§ Your instructions
Two lines in the data below mark the range: the one with "pub record Postgres : Type 0 where" and the one with "let rest = put_in_order row rows in". Return both, along with every line between them, exactly.

§ Provided information
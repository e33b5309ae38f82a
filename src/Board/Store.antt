-- ===== src/Board/Store.antt =====
-- bulletin-board/store/postgres.go, over the tables that store/migrations creates. The triggers forbid
-- updates and deletions, so `ballots` only grows. What PostgreSQL does of itself is the record
-- `Postgres`; whether a statement runs is an argument. Submission times and signed roots are left out.
use otvoren_vot.Prelude.{
  ℕ, Bool, true, false, ◌&&◌, ◌||◌, Option, none, some, List, [], ◌∷◌, ◌++◌, map, take, Bytes,
  bytes_eq, ltb, leb, ◌==◌, if◌then◌else◌, ascii, length_prefixed, lookup, insert, bytes_Eq,
}

pub record BallotRecord : Type 0 where
  pub ballot_id : Bytes
  pub encrypted_ballot : Bytes
  pub zk_proofs : Bytes
  pub position : ℕ
  pub merkle_root_sha : Bytes

pub record Database : Type 0 where
  pub ballots : List BallotRecord
  pub board_state : List (Bytes × Bytes)

-- The errors that the board tells apart. `database` is any other error of the driver.
pub data Failure : Type 0 where
  board_sealed duplicate_ballot position_conflict proof_validation database not_in_tree : Failure

-- What a call returns: a value, an error, or a run-time panic.
pub data Outcome {ℓ} (A : Type ℓ) : Type ℓ where
  returned : A → Outcome A
  failed : Failure → Outcome A
  panicked : Outcome A

-- `jsonb text` is the text that comes back for a JSONB value made from `text`, none where it is no JSON.
-- The names are those that the server gives the constraints of the table `ballots`.
pub record Postgres : Type 0 where
  pub jsonb : Bytes → Option Bytes
  pub primary_key_name : Bytes
  pub position_key_name : Bytes

unfoldable pub has_prefix : Bytes → Bytes → Bool
has_prefix bytes [] = true
has_prefix [] (p ∷ prefix) = false
has_prefix (b ∷ bytes) (p ∷ prefix) = b == p && has_prefix bytes prefix

-- strings.Contains
unfoldable pub contains : Bytes → Bytes → Bool
unfolding has_prefix
contains [] part = has_prefix [] part
contains (b ∷ bytes) part = has_prefix (b ∷ bytes) part || contains bytes part

-- SELECT MAX(position) FROM ballots, and 0 for the empty table.
unfoldable pub get_max_position : List BallotRecord → ℕ
get_max_position [] = 0
get_max_position (row ∷ rows) =
    let most = get_max_position rows in if ltb most row.position then row.position else most

-- SELECT ... FROM ballots WHERE ballot_id = $1
unfoldable pub get_record : Bytes → List BallotRecord → Option BallotRecord
get_record id [] = none
get_record id (row ∷ rows) = elim (bytes_eq row.ballot_id id) [
  | true ↦ some row
  | false ↦ get_record id rows
]

-- Whether the unique index on the position has an entry.
unfoldable pub position_taken : ℕ → List BallotRecord → Bool
position_taken n [] = false
position_taken n (row ∷ rows) = row.position == n || position_taken n rows

-- ORDER BY position ASC
unfoldable pub put_in_order : BallotRecord → List BallotRecord → List BallotRecord
put_in_order row [] = row ∷ []
put_in_order row (next ∷ rows) =
    let rest = put_in_order row rows in
    if leb row.position next.position then row ∷ next ∷ rows else next ∷ rest

unfoldable pub in_order : List BallotRecord → List BallotRecord
unfolding put_in_order
in_order [] = []
in_order (row ∷ rows) = put_in_order row (in_order rows)

-- WHERE position > $1
unfoldable pub after : ℕ → List BallotRecord → List BallotRecord
after n [] = []
after n (row ∷ rows) = let rest = after n rows in if ltb n row.position then row ∷ rest else rest

unfoldable pub list_ballots : ℕ → ℕ → List BallotRecord → List BallotRecord
unfolding after in_order
list_ballots after_position limit rows = take limit (in_order (after after_position rows))

-- The error of a violated constraint, by the name of the constraint.
unfoldable pub violation : Bytes → Failure
unfolding contains
violation name = if contains name (ascii "ballot") then duplicate_ballot else position_conflict

-- The row of an INSERT whose values the server accepts, against the two unique indexes.
unfoldable pub insert_row : Postgres → Database → BallotRecord → Database × Outcome (Unit {0})
unfolding violation get_record position_taken
insert_row pg db row = elim (get_record row.ballot_id db.ballots) [
  | some old ↦ (db, failed (violation pg.primary_key_name))
  | none ↦ elim (position_taken row.position db.ballots) [
    | true ↦ (db, failed (violation pg.position_key_name))
    | false ↦ (record db { ballots = db.ballots ++ row ∷ [] }, returned tt)
  ]
]

-- The row with its two JSONB columns as they are stored.
unfoldable pub insert_stored :
    Postgres → Database → BallotRecord → Option Bytes → Option Bytes → Database × Outcome (Unit {0})
unfolding insert_row
insert_stored pg db rec (some ballot) (some proofs) =
    insert_row pg db (record rec { encrypted_ballot = ballot; zk_proofs = proofs })
insert_stored pg db rec (some ballot) none = (db, failed database)
insert_stored pg db rec none proofs = (db, failed database)

-- What becomes of an INSERT: it is not run, it is run and answered, or it is run and the answer is lost,
-- in which case the driver returns an error of its own.
pub data Write : Type 0 where
  not_run answered unanswered : Write

unfoldable pub insert_ballot :
    Postgres → Database → BallotRecord → Write → Database × Outcome (Unit {0})
unfolding insert_stored
insert_ballot pg db rec not_run = (db, failed database)
insert_ballot pg db rec answered =
    insert_stored pg db rec (pg.jsonb rec.encrypted_ballot) (pg.jsonb rec.zk_proofs)
insert_ballot pg db rec unanswered = (
  (insert_stored pg db rec (pg.jsonb rec.encrypted_ballot) (pg.jsonb rec.zk_proofs)).0,
  failed database,
)

-- `board.EncodeLeaf`, and the same encoding in `GetAllLeafData`.
unfoldable pub encode_leaf : Bytes → Bytes → Bytes → Bytes
unfolding length_prefixed
encode_leaf ballot_id encrypted_ballot zk_proofs =
    length_prefixed ballot_id ++ (length_prefixed encrypted_ballot ++ length_prefixed zk_proofs)

unfoldable pub leaf_data : BallotRecord → Bytes
unfolding encode_leaf
leaf_data row = encode_leaf row.ballot_id row.encrypted_ballot row.zk_proofs

unfoldable pub get_all_leaf_data : List BallotRecord → List Bytes
unfolding leaf_data in_order
get_all_leaf_data rows = map leaf_data (in_order rows)

-- The empty string for a key that the table has not.
unfoldable pub get_board_state : Database → Bytes → Bytes
get_board_state db key = elim (lookup key db.board_state) [ none ↦ [] | some value ↦ value ]

unfoldable pub set_board_state : Database → Bytes → Bytes → Database
set_board_state db key value = record db { board_state = insert key value db.board_state }
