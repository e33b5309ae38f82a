-- ===== src/Board/Service.antt =====
-- bulletin-board/board/board.go. The methods hold the board's mutex, so each is one step. `GetBallot`
-- reads the table before it takes the mutex; the table only grows, so the record it found is still there.
use otvoren_vot.Prelude.{
  ℕ, zero, suc, ◌+◌, ◌-◌, Bool, true, false, not, ◌&&◌, ◌||◌, Option, none, some, List, [], ◌∷◌,
  ◌++◌, Bytes, bytes_eq, ltb, leb, ◌==◌, ascii, hex_encode,
}
use otvoren_vot.Merkle.Hash.{Hash, Result, ok, err, panic, ◌>>=◌}
use otvoren_vot.Merkle.Tree.{Tree, new, size, append, root, inclusion_proof}
use otvoren_vot.Board.Store.{
  BallotRecord, Database, Postgres, Failure, Write, board_sealed, duplicate_ballot,
  position_conflict, proof_validation, database, not_in_tree, Outcome, returned, failed, panicked,
  get_max_position, get_record, insert_ballot, encode_leaf, get_all_leaf_data, get_board_state,
  set_board_state,
}

pub record Board : Type 0 where
  pub tree : Tree
  pub is_sealed : Bool
  -- The proofs' check, none where none is set: true where it returns no error.
  pub validate_fn : Option (Bytes → Bytes → Bool)

-- The board with the database that it stands on.
pub record World : Type 0 where
  pub database_rows : Database
  pub board : Board

pub record AppendResult : Type 0 where
  pub position : ℕ
  pub merkle_root : Bytes

pub record Inclusion : Type 0 where
  pub proof : List Hash
  pub tree_size : ℕ
  pub tree_root : Hash

-- What the database does in one attempt to insert: whether the query runs, the rows that another process
-- commits after it, and what becomes of the INSERT.
pub record Attempt : Type 0 where
  pub reads : Bool
  pub others : List BallotRecord
  pub writes : Write

abbrev pub max_retries : ℕ
max_retries = 3

-- The proofs' check, where one is set.
unfoldable pub validated : Option (Bytes → Bytes → Bool) → Bytes → Bytes → Bool
validated none encrypted_ballot zk_proofs = true
validated (some validate) encrypted_ballot zk_proofs = validate encrypted_ballot zk_proofs

unfoldable pub retries : Failure → Bool
retries position_conflict = true
retries board_sealed = false
retries duplicate_ballot = false
retries proof_validation = false
retries database = false
retries not_in_tree = false

unfoldable pub placed : ℕ → Database × Outcome (Unit {0}) → Database × Outcome ℕ
placed position (db, returned u) = (db, returned position)
placed position (db, failed failure) = (db, failed failure)
placed position (db, panicked) = (db, panicked)

-- One attempt: the row goes after the highest position.
unfoldable pub attempt_insert :
    Postgres → Attempt → Database → Bytes → Bytes → Bytes → Database × Outcome ℕ
unfolding placed
attempt_insert pg now db ballot_id encrypted_ballot zk_proofs = elim now.reads [
  | false ↦ (db, failed database)
  | true ↦
      let position = get_max_position db.ballots + 1 in
      placed position (
        insert_ballot pg (record db { ballots = db.ballots ++ now.others })
          (record {
            ballot_id = ballot_id;
            encrypted_ballot = encrypted_ballot;
            zk_proofs = zk_proofs;
            position = position;
            merkle_root_sha = [];
          })
          now.writes)
]

-- The loop over the attempts, with the number that are left: the position of the row inserted. The first
-- clause is not reached, since the last attempt returns.
unfoldable pub insert_attempts :
    Postgres → ℕ → (ℕ → Attempt) → Database → Bytes → Bytes → Bytes → Database × Outcome ℕ
unfolding retries attempt_insert
insert_attempts pg zero attempts db ballot_id encrypted_ballot zk_proofs =
    (db, failed position_conflict)
insert_attempts pg (suc left) attempts db ballot_id encrypted_ballot zk_proofs =
    let (db', result) =
      attempt_insert pg (attempts (suc left)) db ballot_id encrypted_ballot zk_proofs in
    elim result [
      | returned position ↦ (db', returned position)
      | panicked ↦ (db', panicked)
      | failed failure ↦ elim (retries failure && not (left == 0)) [
        | false ↦ (db', failed failure)
        | true ↦ insert_attempts pg left attempts db' ballot_id encrypted_ballot zk_proofs
      ]
    ]

module _ (sha256 : Bytes → Bytes) where
  -- b.tree.Append for each leaf.
  unfoldable pub append_all : Tree → List Bytes → Result Tree
  append_all tree [] = ok tree
  append_all tree (leaf ∷ leaves) = append sha256 tree leaf >>= λ t. append_all t leaves

  unfoldable pub with_tree : Database → Board → Result Tree → Outcome World
  with_tree db board (ok t) =
      returned (record { database_rows = db; board = record board { tree = t } })
  with_tree db board (err e) = panicked
  with_tree db board panic = panicked

  -- `New`, where both reads of the database succeed: the tree is built from the table.
  unfoldable pub new_board : Database → Outcome World
  unfolding append_all with_tree
  new_board db =
      with_tree db
        (record {
          tree = new;
          is_sealed = bytes_eq (get_board_state db (ascii "sealed")) (ascii "true");
          validate_fn = none;
        })
        (append_all new (get_all_leaf_data db.ballots))

  -- The result of `AppendBallot` from the tree's root after the append.
  unfoldable pub append_result : World → ℕ → Result Hash → World × Outcome AppendResult
  append_result w position (ok h) =
      (w, returned (record { position = position; merkle_root = hex_encode h }))
  append_result w position (err e) = (w, panicked)
  append_result w position panic = (w, panicked)

  unfoldable pub grown : Database → Board → ℕ → Result Tree → World × Outcome AppendResult
  unfolding append_result
  grown db board position (ok t) =
      append_result (record { database_rows = db; board = record board { tree = t } }) position
        (root sha256 t)
  grown db board position (err e) = (record { database_rows = db; board = board }, panicked)
  grown db board position panic = (record { database_rows = db; board = board }, panicked)

  -- The tree is updated once the database has the row.
  unfoldable pub inserted : Board → Bytes → Database × Outcome ℕ → World × Outcome AppendResult
  unfolding grown
  inserted board leaf (db, returned position) =
      grown db board position (append sha256 board.tree leaf)
  inserted board leaf (db, failed failure) =
      (record { database_rows = db; board = board }, failed failure)
  inserted board leaf (db, panicked) = (record { database_rows = db; board = board }, panicked)

  unfoldable pub append_ballot :
      Postgres → World → Bytes → Bytes → Bytes → (ℕ → Attempt) → World × Outcome AppendResult
  unfolding inserted validated insert_attempts
  append_ballot pg w ballot_id encrypted_ballot zk_proofs attempts = elim w.board.is_sealed [
    | true ↦ (w, failed board_sealed)
    | false ↦ elim (validated w.board.validate_fn encrypted_ballot zk_proofs) [
      | false ↦ (w, failed proof_validation)
      | true ↦ inserted w.board (encode_leaf ballot_id encrypted_ballot zk_proofs) (
          insert_attempts pg max_retries attempts w.database_rows ballot_id encrypted_ballot
            zk_proofs)
    ]
  ]

  unfoldable pub inclusion_result :
      BallotRecord → ℕ → Result (List Hash) → Result Hash → Outcome (BallotRecord × Inclusion)
  inclusion_result rec n (ok proof) (ok h) =
      returned (rec, record { proof = proof; tree_size = n; tree_root = h })
  inclusion_result rec n (ok proof) (err e) = panicked
  inclusion_result rec n (ok proof) panic = panicked
  inclusion_result rec n (err e) r = failed not_in_tree
  inclusion_result rec n panic r = panicked

  -- The proof of a record against the tree.
  unfoldable pub inclusion_of : Board → BallotRecord → Outcome (BallotRecord × Inclusion)
  unfolding inclusion_result
  inclusion_of board rec =
      let n = size board.tree in
      elim (ltb rec.position 1 || leb n (rec.position - 1)) [
        | true ↦ failed not_in_tree
        | false ↦
            inclusion_result rec n (inclusion_proof sha256 board.tree (rec.position - 1) n)
              (root sha256 board.tree)
      ]

  -- `GetBallot`, where the query of the table runs: none where no ballot has the identifier.
  unfoldable pub get_ballot : World → Bytes → Option (Outcome (BallotRecord × Inclusion))
  unfolding inclusion_of
  get_ballot w ballot_id = elim (get_record ballot_id w.database_rows.ballots) [
    | none ↦ none
    | some rec ↦ some (inclusion_of w.board rec)
  ]

  -- `Root`: the hex text of the root, empty for the empty tree.
  unfoldable pub root_text : Board → Result Bytes
  root_text board = elim (size board.tree == 0) [
    | true ↦ ok []
    | false ↦ root sha256 board.tree >>= λ h. ok (hex_encode h)
  ]

-- `Seal`, with whether the statement runs.
unfoldable pub seal : World → Bool → World × Outcome (Unit {0})
seal w false = (w, failed database)
seal w true = (
  record {
    database_rows = set_board_state w.database_rows (ascii "sealed") (ascii "true");
    board = record w.board { is_sealed = true };
  },
  returned tt,
)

§ Solution below
pub record Postgres : Type 0 where
  pub jsonb : Bytes → Option Bytes
  pub primary_key_name : Bytes
  pub position_key_name : Bytes

unfoldable pub has_prefix : Bytes → Bytes → Bool
has_prefix bytes [] = true
has_prefix [] (p ∷ prefix) = false
has_prefix (b ∷ bytes) (p ∷ prefix) = b == p && has_prefix bytes prefix

-- strings.Contains
unfoldable pub contains : Bytes → Bytes → Bool
unfolding has_prefix
contains [] part = has_prefix [] part
contains (b ∷ bytes) part = has_prefix (b ∷ bytes) part || contains bytes part

-- SELECT MAX(position) FROM ballots, and 0 for the empty table.
unfoldable pub get_max_position : List BallotRecord → ℕ
get_max_position [] = 0
get_max_position (row ∷ rows) =
    let most = get_max_position rows in if ltb most row.position then row.position else most

-- SELECT ... FROM ballots WHERE ballot_id = $1
unfoldable pub get_record : Bytes → List BallotRecord → Option BallotRecord
get_record id [] = none
get_record id (row ∷ rows) = elim (bytes_eq row.ballot_id id) [
  | true ↦ some row
  | false ↦ get_record id rows
]

-- Whether the unique index on the position has an entry.
unfoldable pub position_taken : ℕ → List BallotRecord → Bool
position_taken n [] = false
position_taken n (row ∷ rows) = row.position == n || position_taken n rows

-- ORDER BY position ASC
unfoldable pub put_in_order : BallotRecord → List BallotRecord → List BallotRecord
put_in_order row [] = row ∷ []
put_in_order row (next ∷ rows) =
    let rest = put_in_order row rows in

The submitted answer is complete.